__Activity__
What lines of the data hold the string "timer"? Pull each one out.
___ Source information
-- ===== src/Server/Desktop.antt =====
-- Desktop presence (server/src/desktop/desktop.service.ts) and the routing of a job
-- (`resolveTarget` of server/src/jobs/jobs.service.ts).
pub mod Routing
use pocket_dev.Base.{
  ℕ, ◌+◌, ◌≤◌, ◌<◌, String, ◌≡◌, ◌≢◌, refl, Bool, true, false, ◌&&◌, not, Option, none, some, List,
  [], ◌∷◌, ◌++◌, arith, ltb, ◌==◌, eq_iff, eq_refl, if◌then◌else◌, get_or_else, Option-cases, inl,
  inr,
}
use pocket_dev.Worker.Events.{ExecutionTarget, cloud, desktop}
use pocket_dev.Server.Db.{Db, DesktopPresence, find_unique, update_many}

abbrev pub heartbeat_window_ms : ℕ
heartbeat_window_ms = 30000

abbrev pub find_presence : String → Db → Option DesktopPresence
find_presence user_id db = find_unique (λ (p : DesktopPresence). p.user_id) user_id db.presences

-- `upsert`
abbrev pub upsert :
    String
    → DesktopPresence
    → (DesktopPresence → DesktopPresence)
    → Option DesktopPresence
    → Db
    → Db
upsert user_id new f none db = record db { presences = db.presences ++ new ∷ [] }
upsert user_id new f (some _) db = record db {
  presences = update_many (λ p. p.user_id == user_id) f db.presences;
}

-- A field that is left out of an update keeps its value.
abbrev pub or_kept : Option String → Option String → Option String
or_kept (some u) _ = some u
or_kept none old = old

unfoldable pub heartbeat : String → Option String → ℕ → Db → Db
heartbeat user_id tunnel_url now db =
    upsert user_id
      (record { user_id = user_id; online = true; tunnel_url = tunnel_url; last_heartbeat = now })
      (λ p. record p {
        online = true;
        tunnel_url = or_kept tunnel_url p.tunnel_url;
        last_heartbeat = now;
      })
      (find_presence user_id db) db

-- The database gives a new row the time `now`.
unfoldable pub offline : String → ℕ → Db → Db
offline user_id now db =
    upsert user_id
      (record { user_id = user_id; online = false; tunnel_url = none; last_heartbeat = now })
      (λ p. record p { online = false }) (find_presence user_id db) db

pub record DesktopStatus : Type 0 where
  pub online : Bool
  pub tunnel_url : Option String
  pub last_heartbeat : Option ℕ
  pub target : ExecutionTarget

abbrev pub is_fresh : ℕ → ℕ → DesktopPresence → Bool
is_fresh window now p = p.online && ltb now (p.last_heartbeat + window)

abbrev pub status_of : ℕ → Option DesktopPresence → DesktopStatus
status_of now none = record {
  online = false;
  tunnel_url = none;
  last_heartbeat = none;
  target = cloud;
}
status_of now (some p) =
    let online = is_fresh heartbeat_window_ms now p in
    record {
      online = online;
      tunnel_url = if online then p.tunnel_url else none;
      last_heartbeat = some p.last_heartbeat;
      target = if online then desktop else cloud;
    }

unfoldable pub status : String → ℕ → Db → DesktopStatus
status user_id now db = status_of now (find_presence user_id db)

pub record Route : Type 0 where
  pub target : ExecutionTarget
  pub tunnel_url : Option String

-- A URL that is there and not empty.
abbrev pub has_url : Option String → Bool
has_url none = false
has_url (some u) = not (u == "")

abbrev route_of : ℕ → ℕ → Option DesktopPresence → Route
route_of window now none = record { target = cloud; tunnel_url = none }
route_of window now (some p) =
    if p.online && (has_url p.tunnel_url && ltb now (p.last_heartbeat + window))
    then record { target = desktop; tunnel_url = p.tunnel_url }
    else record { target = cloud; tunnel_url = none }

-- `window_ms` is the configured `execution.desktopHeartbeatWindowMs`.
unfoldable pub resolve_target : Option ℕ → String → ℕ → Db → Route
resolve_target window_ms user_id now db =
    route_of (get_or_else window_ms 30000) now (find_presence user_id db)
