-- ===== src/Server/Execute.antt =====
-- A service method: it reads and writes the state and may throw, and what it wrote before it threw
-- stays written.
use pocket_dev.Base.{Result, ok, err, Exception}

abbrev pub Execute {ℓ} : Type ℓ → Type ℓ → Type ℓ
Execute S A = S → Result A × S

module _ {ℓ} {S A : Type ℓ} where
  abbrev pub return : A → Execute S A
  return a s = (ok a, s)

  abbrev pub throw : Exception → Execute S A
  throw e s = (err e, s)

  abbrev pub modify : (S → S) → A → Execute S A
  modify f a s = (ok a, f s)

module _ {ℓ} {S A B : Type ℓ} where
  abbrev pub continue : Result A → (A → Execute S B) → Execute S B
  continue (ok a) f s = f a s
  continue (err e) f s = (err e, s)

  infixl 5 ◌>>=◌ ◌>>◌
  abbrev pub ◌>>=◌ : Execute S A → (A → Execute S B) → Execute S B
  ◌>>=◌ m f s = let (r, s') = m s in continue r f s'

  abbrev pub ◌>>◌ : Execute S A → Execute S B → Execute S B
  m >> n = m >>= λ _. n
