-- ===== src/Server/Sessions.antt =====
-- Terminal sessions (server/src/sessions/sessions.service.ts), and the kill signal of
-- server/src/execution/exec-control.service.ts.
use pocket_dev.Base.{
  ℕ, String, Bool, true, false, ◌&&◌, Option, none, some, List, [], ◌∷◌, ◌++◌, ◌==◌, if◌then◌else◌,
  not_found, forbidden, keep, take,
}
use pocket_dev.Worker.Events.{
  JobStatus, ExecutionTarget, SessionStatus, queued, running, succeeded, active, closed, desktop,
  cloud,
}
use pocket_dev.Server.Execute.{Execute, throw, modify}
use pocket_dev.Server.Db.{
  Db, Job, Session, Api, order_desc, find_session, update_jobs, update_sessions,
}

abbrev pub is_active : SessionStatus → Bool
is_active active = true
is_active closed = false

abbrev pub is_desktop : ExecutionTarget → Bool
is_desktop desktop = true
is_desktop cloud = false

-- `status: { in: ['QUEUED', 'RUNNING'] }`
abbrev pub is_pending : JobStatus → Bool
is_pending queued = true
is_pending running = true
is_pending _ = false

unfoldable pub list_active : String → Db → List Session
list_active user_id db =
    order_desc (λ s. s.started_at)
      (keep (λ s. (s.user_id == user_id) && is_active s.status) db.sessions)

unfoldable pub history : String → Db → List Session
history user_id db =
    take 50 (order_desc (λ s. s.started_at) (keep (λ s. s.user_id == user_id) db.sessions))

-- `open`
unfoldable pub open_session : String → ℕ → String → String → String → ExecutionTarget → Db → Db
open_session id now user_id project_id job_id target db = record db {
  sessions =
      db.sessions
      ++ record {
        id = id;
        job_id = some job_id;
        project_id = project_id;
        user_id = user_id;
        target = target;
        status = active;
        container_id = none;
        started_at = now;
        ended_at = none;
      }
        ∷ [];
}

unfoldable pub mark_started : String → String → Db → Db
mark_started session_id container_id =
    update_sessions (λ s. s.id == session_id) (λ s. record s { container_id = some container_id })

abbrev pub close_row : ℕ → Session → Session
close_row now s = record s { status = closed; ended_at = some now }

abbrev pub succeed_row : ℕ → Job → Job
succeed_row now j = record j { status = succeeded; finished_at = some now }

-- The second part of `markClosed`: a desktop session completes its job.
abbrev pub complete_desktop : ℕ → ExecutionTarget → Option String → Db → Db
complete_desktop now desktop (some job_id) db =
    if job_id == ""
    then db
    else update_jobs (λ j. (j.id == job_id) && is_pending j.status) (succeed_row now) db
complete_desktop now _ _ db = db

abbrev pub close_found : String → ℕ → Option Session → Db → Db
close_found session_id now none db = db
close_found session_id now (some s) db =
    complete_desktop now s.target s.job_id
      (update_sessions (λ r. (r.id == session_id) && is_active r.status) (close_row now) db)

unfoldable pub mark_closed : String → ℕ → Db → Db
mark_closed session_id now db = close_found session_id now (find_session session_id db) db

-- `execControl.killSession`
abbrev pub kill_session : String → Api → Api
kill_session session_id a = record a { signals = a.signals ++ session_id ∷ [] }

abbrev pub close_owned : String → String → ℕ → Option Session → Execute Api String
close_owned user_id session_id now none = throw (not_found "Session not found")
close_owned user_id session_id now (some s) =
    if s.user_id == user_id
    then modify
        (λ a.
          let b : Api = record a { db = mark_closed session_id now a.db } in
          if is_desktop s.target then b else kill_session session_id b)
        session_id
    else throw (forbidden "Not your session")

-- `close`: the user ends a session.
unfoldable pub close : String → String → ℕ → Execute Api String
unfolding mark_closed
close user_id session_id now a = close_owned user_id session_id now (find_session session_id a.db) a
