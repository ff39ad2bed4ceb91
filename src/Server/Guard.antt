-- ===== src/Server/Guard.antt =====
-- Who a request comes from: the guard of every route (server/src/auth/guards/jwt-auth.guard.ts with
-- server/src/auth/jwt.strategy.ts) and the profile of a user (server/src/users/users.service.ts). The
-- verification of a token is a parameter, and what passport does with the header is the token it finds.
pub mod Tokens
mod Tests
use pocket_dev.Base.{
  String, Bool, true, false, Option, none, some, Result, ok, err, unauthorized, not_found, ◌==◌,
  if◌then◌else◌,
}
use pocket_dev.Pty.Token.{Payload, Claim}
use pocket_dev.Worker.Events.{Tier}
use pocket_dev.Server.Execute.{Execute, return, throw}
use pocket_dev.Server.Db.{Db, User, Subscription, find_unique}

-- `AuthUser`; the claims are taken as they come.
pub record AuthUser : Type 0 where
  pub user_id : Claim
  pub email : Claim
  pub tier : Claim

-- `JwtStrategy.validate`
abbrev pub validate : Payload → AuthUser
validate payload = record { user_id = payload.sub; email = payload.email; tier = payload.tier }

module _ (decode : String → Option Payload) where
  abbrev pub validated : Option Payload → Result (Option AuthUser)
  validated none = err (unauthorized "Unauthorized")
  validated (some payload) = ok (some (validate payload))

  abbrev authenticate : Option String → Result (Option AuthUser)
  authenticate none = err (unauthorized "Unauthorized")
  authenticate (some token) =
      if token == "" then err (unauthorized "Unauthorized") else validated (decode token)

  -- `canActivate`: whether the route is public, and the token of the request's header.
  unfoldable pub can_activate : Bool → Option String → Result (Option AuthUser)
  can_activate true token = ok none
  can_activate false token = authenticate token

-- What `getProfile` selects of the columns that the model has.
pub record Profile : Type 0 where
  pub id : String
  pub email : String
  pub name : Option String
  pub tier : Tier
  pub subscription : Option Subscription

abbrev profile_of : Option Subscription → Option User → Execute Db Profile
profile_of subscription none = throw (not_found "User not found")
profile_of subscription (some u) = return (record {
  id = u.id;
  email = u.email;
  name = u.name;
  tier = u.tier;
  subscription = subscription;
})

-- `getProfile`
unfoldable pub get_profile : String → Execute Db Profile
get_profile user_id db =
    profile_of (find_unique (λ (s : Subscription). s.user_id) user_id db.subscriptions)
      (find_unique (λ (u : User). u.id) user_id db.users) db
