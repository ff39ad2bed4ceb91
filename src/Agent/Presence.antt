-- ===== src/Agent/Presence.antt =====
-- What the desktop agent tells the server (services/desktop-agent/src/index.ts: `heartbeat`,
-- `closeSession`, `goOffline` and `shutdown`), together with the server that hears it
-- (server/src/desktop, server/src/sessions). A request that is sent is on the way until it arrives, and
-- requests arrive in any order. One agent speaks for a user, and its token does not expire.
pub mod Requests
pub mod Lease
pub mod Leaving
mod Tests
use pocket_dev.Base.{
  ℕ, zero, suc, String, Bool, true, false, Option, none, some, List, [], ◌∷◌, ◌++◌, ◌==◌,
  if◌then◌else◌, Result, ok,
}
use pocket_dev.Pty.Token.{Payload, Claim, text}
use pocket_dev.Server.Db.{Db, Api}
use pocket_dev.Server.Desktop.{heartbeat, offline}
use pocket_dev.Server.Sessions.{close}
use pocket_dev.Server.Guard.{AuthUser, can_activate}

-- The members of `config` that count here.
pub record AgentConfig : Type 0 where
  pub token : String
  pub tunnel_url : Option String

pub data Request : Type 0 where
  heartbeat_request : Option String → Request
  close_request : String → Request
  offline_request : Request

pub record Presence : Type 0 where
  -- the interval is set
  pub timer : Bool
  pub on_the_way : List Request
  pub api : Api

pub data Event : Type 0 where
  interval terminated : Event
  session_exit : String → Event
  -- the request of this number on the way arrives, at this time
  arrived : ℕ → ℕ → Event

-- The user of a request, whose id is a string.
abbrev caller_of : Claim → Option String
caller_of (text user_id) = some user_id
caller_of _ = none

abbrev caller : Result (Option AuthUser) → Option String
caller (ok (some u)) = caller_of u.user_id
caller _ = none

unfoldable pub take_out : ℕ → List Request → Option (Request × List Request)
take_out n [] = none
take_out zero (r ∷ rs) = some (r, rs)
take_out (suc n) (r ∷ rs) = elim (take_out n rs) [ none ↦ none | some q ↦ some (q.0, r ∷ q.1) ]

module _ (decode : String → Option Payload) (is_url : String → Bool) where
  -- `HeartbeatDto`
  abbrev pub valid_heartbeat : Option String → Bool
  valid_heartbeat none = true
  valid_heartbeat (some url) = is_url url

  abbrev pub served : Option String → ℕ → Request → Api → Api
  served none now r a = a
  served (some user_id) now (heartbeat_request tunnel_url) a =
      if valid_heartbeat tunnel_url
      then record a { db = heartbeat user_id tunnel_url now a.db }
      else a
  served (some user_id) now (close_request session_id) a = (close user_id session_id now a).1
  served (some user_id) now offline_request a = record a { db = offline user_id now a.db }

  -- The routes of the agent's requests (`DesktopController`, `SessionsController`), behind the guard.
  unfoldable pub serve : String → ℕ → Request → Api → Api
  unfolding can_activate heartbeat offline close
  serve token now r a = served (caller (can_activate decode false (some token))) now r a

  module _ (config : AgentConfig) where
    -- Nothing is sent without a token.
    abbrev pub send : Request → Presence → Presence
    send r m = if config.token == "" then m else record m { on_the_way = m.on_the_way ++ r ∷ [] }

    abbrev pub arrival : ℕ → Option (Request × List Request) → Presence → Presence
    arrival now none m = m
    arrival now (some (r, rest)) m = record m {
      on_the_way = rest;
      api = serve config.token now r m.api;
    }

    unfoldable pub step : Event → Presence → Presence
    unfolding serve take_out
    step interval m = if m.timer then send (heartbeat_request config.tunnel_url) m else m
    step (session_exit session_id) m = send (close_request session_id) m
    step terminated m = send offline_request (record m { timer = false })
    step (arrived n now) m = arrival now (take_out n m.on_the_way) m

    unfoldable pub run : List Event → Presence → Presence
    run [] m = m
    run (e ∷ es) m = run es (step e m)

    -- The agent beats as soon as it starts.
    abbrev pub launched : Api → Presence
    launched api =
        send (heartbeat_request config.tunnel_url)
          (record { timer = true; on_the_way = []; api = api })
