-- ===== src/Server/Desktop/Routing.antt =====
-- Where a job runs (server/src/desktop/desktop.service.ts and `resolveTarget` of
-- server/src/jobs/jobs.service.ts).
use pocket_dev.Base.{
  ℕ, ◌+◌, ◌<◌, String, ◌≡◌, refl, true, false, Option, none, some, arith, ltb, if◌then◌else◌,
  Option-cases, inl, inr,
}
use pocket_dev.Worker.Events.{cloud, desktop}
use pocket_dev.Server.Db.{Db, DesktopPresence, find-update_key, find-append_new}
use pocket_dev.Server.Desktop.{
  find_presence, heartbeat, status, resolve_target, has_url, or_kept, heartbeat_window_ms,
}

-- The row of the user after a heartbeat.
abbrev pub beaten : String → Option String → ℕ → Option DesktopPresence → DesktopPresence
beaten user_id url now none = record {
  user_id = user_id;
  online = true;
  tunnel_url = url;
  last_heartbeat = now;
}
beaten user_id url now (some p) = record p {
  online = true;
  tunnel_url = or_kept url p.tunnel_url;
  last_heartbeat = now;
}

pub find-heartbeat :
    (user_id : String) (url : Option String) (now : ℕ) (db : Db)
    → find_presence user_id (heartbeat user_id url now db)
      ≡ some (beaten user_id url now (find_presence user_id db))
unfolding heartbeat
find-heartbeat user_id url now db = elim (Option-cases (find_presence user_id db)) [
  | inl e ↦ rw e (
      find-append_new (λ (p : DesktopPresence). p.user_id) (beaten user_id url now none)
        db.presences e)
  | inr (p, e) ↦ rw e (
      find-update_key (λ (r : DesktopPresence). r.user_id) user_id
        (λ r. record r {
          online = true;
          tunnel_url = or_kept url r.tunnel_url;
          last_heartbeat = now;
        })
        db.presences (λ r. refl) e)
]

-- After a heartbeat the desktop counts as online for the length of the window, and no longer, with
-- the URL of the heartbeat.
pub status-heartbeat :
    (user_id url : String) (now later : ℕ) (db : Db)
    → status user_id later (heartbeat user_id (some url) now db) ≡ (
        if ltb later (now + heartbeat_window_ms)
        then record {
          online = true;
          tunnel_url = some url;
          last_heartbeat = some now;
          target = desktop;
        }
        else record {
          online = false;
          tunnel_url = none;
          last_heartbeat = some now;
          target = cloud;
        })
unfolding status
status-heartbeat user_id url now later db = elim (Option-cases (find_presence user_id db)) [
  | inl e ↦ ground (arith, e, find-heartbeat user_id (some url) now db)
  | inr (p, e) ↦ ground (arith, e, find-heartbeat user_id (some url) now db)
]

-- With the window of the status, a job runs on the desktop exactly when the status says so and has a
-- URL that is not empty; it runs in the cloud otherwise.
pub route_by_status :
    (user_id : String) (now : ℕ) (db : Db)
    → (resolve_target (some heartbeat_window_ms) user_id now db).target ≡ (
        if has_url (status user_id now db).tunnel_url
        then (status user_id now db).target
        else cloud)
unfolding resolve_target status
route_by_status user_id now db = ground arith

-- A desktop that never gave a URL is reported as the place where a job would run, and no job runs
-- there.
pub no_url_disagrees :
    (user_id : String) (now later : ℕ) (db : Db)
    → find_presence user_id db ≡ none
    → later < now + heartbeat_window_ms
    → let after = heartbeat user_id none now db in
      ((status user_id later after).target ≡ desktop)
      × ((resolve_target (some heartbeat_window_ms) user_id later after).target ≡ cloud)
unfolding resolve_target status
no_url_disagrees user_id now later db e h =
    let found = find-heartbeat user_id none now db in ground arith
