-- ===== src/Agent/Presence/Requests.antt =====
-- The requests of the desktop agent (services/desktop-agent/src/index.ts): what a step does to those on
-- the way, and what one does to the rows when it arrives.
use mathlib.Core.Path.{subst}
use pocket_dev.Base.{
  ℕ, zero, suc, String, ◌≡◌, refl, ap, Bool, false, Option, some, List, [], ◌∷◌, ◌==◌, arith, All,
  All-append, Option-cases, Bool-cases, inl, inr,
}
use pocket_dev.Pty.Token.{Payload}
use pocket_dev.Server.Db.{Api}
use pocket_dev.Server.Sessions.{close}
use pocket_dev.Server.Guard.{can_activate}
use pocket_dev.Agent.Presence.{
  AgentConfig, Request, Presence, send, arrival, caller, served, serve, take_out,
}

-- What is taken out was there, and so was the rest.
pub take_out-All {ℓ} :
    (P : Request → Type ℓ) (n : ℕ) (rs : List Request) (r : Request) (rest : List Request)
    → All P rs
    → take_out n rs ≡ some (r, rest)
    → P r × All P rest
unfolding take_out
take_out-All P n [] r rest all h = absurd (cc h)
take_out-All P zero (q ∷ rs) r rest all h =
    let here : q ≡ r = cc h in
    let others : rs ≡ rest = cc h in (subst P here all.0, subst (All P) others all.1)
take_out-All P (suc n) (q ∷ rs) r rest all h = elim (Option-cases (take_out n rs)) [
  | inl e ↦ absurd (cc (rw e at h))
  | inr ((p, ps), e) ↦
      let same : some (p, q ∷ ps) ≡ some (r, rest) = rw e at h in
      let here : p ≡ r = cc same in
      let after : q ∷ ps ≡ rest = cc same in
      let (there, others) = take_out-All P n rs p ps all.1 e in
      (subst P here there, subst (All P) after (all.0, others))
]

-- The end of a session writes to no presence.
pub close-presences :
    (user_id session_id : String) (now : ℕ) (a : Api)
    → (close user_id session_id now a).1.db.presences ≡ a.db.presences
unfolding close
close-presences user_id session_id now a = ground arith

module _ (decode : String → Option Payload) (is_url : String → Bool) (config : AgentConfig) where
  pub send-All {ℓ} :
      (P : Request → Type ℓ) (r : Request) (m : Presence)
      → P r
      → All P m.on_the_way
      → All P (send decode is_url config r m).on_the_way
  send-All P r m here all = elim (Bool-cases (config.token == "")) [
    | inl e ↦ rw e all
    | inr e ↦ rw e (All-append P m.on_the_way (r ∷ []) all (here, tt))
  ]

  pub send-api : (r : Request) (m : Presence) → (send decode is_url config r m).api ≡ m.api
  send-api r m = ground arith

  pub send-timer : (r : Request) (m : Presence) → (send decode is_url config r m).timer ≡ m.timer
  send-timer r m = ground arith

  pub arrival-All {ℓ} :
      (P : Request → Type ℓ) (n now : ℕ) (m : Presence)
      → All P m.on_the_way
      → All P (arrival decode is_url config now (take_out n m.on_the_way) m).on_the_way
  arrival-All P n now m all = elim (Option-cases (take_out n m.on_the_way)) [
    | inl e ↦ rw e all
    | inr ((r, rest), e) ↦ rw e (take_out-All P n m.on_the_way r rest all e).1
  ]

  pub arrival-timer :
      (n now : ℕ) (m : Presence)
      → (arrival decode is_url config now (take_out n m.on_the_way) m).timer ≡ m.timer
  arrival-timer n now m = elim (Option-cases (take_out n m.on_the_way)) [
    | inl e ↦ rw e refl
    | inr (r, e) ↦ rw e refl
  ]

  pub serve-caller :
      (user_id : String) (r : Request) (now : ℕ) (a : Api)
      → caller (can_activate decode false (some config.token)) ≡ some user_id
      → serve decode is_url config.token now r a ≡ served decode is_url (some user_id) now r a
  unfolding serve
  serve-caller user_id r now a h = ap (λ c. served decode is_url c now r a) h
______
__Solution to the problem__
  pub timer : Bool
    step interval m = if m.timer then send (heartbeat_request config.tunnel_url) m else m
    step terminated m = send offline_request (record m { timer = false })
          (record { timer = true; on_the_way = []; api = api })
  pub send-timer : (r : Request) (m : Presence) → (send decode is_url config r m).timer ≡ m.timer
  send-timer r m = ground arith
  pub arrival-timer :
      → (arrival decode is_url config now (take_out n m.on_the_way) m).timer ≡ m.timer
  arrival-timer n now m = elim (Option-cases (take_out n m.on_the_way)) [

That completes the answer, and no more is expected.